There is a third approach, which is the one I believe simulation projects such as Blue Brain will need to pursue. One can simplify molecular models by creating functional equivalents at different levels of specificity, ranging from my own functional algorithmic method (as described in this book) to simulations that are closer to full molecular simulations. The speed of learning can thereby be increased by a factor of hundreds or thousands depending on the degree of simplification used. An educational program can be devised for the simulated brain (using the functional model) that it can learn relatively quickly. Then the full molecular simulation can be substituted for the simplified model while still using its accumulated learning. We can then simulate learning with the full molecular model at a much slower speed.

American computer scientist Dharmendra Modha and his IBM colleagues have created a cell-by-cell simulation of a portion of the human visual neocortex comprising 1.6 billion virtual neurons and 9 trillion synapses, which is equivalent to a cat neocortex. It runs 100 times slower than real time on an IBM BlueGene/P supercomputer consisting of 147,456 processors. The work received the Gordon Bell Prize from the Association for Computing Machinery.

The purpose of a brain simulation project such as Blue Brain and Modha’s neocortex simulations is specifically to refine and confirm a functional model. AI at the human level will principally use the type of functional algorithmic model discussed in this book. However, molecular simulations will help us to perfect that model and to fully understand which details are important. In my development of speech recognition technology in the 1980s and 1990s, we were able to refine our algorithms once the actual transformations performed by the auditory nerve and early portions of the auditory cortex were understood. Even if our functional model was perfect, understanding exactly how it is actually implemented in our biological brains will reveal important knowledge about human function and dysfunction.

We will need detailed data on actual brains to create biologically based simulations. Markram’s team is collecting its own data. There are large-scale projects to gather this type of data and make it generally available to scientists. For example, Cold Spring Harbor Laboratory in New York has collected 500 terabytes of data by scanning a mammal brain (a mouse), which they made available in June 2012. Their project allows a user to explore a brain similarly to the way Google Earth allows one to explore the surface of the planet. You can move around the entire brain and zoom in to see individual neurons and their connections. You can highlight a single connection and then follow its path through the brain.

Sixteen sections of the National Institutes of Health have gotten together and sponsored a major initiative called the Human Connectome Project with $38.5 million of funding. 7 Led by Washington University in St. Louis, the University of Minnesota, Harvard University, Massachusetts General Hospital, and the University of California at Los Angeles, the project seeks to create a similar three-dimensional map of connections in the human brain.
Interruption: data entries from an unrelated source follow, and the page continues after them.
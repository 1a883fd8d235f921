-- ===== src/Middleware/RateLimiter/Buckets.antt =====
-- Every key has a token bucket of its own, and the eviction of idle ones is not seen.
use inwheel_api.Common.{
  ℕ, ◌≤◌, String, ◌==◌, eq_iff, ◌≡◌, refl, sym, ap, ◌∙◌, inl, inr, Bool, true, false, Option, none,
  some, List, [], ◌∷◌, arith, if◌then◌else◌, Bool-cases,
}
use inwheel_api.Float64.{Float64}
use inwheel_api.Models.{Time}
use inwheel_api.Middleware.RateLimiter.{
  Rate, RateLimiter, new_rate_limiter, has_tokens, sweep, swept_entry, loaded, allow,
}

-- Times that do not go back, from a time on.
abbrev pub IsSchedule : Time → List Time → Type 0
IsSchedule t [] = Unit
IsSchedule t (t' ∷ ts) = (t ≤ t') × IsSchedule t' ts

-- What happens to a limiter: a call of Allow for a key, and a run of sweep, by what its clock shows
-- for each key and when it ends.
pub data Event : Type 0 where
  request : Time → String → Event
  swept_at : (String → Time) → Time → Event

abbrev pub IsTimeline : Time → List Event → Type 0
IsTimeline t [] = Unit
IsTimeline t (request now key ∷ es) = (t ≤ now) × IsTimeline now es
IsTimeline t (swept_at clock end ∷ es) =
    ((k : String) → (t ≤ clock k) × (clock k ≤ end)) × IsTimeline end es

-- The times of the requests of one key.
abbrev pub times : String → List Event → List Time
times key [] = []
times key (request now k ∷ es) = if k == key then now ∷ times key es else times key es
times key (swept_at clock end ∷ es) = times key es

-- The answers that one key got.
abbrev pub answers_of : String → List (String × Bool) → List Bool
answers_of key [] = []
answers_of key ((k, a) ∷ rest) = if k == key then a ∷ answers_of key rest else answers_of key rest

module _ {Limiter : Type 0} (rate : Rate Limiter) where
  open rate use {new_limiter, take_token}

  -- The answers of one bucket that is asked at these times.
  abbrev pub answers : List Time → Limiter → List Bool
  answers [] v = []
  answers (t ∷ ts) v = (take_token t v).0 ∷ answers ts (take_token t v).1

  -- The buckets that calls of Allow make of a new one.
  pub data IsUsed (r : Float64) (b : ℕ) : Limiter → Type 0 where
    new : IsUsed r b (new_limiter r b)
    taken : (t : Time) (v : Limiter) → IsUsed r b v → IsUsed r b (take_token t v).1

  -- What the library documents of a token bucket of size b: once it is full again, it answers as a
  -- new one, which starts full.
  abbrev pub IsTokenBucket : Float64 → ℕ → Type 0
  IsTokenBucket r b =
      (t : Time) (v : Limiter)
      → IsUsed r b v
      → has_tokens rate t b v ≡ true
      → (ts : List Time) → IsSchedule t ts
      → answers ts v ≡ answers ts (new_limiter r b)

  unfoldable pub run : List Event → RateLimiter Limiter → List (String × Bool)
  run [] l = []
  run (request now key ∷ es) l = let (a, l') = allow rate now key l in (key, a) ∷ run es l'
  run (swept_at clock end ∷ es) l = run es (sweep rate clock l)

  -- Two buckets that answer alike from a time on.
  Alike : Time → Limiter → Limiter → Type 0
  Alike t v w = (ts : List Time) → IsSchedule t ts → answers ts v ≡ answers ts w

  later : (t t' : Time) (ts : List Time) → t ≤ t' → IsSchedule t' ts → IsSchedule t ts
  later t t' [] h s = tt
  later t t' (u ∷ ts) h s = (omega arith, s.1)

  tail_eq : (a b : Bool) (xs ys : List Bool) → a ∷ xs ≡ b ∷ ys → (a ≡ b) × (xs ≡ ys)
  tail_eq a b xs ys h = (cc, cc)

  -- The bucket in the map, if there is one, is one in use.
  IsInUse : RateLimiter Limiter → Option Limiter → Type 0
  IsInUse l none = Unit
  IsInUse l (some v) = IsUsed l.r l.b v

  loaded-IsUsed :
      (l : RateLimiter Limiter) (o : Option Limiter)
      → IsInUse l o
      → IsUsed l.r l.b (loaded rate l o)
  unfolding IsInUse
  loaded-IsUsed l none u = new
  loaded-IsUsed l (some v) u = u

  IsInUse-swept :
      (l : RateLimiter Limiter) (now : Time) (o : Option Limiter)
      → IsInUse l o
      → IsInUse l (swept_entry rate now l.b o)
  unfolding IsInUse swept_entry
  IsInUse-swept l now none u = tt
  IsInUse-swept l now (some v) u = elim (Bool-cases (has_tokens rate now l.b v)) [
    | inl e ↦ rw e tt
    | inr e ↦ rw e u
  ]

  Alike-swept :
      (t end : Time) (clock : Time) (b : ℕ) (l : RateLimiter Limiter) (o : Option Limiter)
      (v : Limiter)
      → IsTokenBucket l.r l.b
      → t ≤ clock
      → clock ≤ end
      → IsInUse l o
      → Alike t (loaded rate l o) v
      → Alike end (loaded rate l (swept_entry rate clock l.b o)) v
  unfolding Alike swept_entry IsInUse
  Alike-swept t end clock b l none v law h k u a ts s = a ts (later t end ts (omega arith) s)
  Alike-swept t end clock b l (some w) v law h k u a ts s =
      elim (Bool-cases (has_tokens rate clock l.b w)) [
        | inl e ↦ rw e (
            sym (law clock w u e ts (later clock end ts k s))
            ∙ a ts (later t end ts (omega arith) s))
        | inr e ↦ rw e (a ts (later t end ts (omega arith) s))
      ]

  limiters-allow_same :
      (now : Time) (k key : String) (l : RateLimiter Limiter)
      → (k == key) ≡ true
      → (allow rate now k l).1.limiters key ≡ some (take_token now (loaded rate l (l.limiters k))).1
  unfolding allow
  limiters-allow_same now k key l e = rw e refl

  limiters-allow_other :
      (now : Time) (k key : String) (l : RateLimiter Limiter)
      → (k == key) ≡ false
      → (allow rate now k l).1.limiters key ≡ l.limiters key
  unfolding allow
  limiters-allow_other now k key l e = rw e refl

  run_from :
      (key : String) (es : List Event) (t : Time) (l : RateLimiter Limiter) (v : Limiter)
      → IsTokenBucket l.r l.b
      → IsTimeline t es
      → IsInUse l (l.limiters key)
      → Alike t (loaded rate l (l.limiters key)) v
      → answers_of key (run es l) ≡ answers (times key es) v
  unfolding run allow sweep Alike IsInUse
  run_from key [] t l v law h u a = refl
  run_from key (swept_at clock end ∷ es) t l v law h u a =
      run_from key es end (sweep rate clock l) v law h.1
        (IsInUse-swept l (clock key) (l.limiters key) u)
        (Alike-swept t end (clock key) l.b l (l.limiters key) v law (h.0 key).0 (h.0 key).1 u a)
  run_from key (request now k ∷ es) t l v law h u a = elim (Bool-cases (k == key)) [
    | inl e ↦
        let same : k ≡ key = (eq_iff k key).0 e in
        let a' : Alike t (loaded rate l (l.limiters k)) v = rw same a in
        let w = loaded rate l (l.limiters k) in
        let used : IsInUse l (l.limiters k) = rw same u in
        let u' : IsInUse l ((allow rate now k l).1.limiters key) =
          rw (limiters-allow_same now k key l e)
            (taken now w (loaded-IsUsed l (l.limiters k) used)) in
        let first = tail_eq _ _ _ _ (a' (now ∷ []) (h.0, tt)) in
        let next = (allow rate now k l).1 in
        rw (answers_of, times, e, first.0)
          (ap (λ xs. (take_token now v).0 ∷ xs)
            (run_from key es now next (take_token now v).1 law h.1 u' (λ ts s.
              rw (limiters-allow_same now k key l e) (tail_eq _ _ _ _ (a' (now ∷ ts) (h.0, s))).1)))
    | inr e ↦
        rw (answers_of, times, e)
          (run_from key es now (allow rate now k l).1 v law h.1
            (rw (limiters-allow_other now k key l e) u)
            (λ ts s. rw (limiters-allow_other now k key l e) (a ts (later t now ts h.0 s))))
  ]

  -- For a token bucket, over any requests and any runs of sweep among them, in the order of their
  -- times: the answers that a key gets from Allow are those of one bucket of its own, asked at the
  -- times of its requests, from a new one on.
  pub allow-answers :
      (r : Float64) (b : ℕ)
      → IsTokenBucket r b
      → (t : Time) (es : List Event) → IsTimeline t es
      → (key : String)
      → answers_of key (run es (new_rate_limiter r b)) ≡ answers (times key es) (new_limiter r b)
  unfolding new_rate_limiter Alike IsInUse
  allow-answers r b law t es h key =
      run_from key es t (new_rate_limiter r b) (new_limiter r b) law h tt (λ ts s. refl)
The project is using a variety of noninvasive scanning technologies, including new forms of MRI, magnetoencephalography (measuring the magnetic fields produced by the electrical activity in the brain), and diffusion tractography (a method to trace the pathways of fiber bundles in the brain). As I point out in chapter 10, the spatial resolution of noninvasive scanning of the brain is improving at an exponential rate. The research by Van J. Wedeen and his colleagues at Massachusetts General Hospital showing a highly regular gridlike structure of the wiring of the neocortex that I described in chapter 4 is one early result from this project.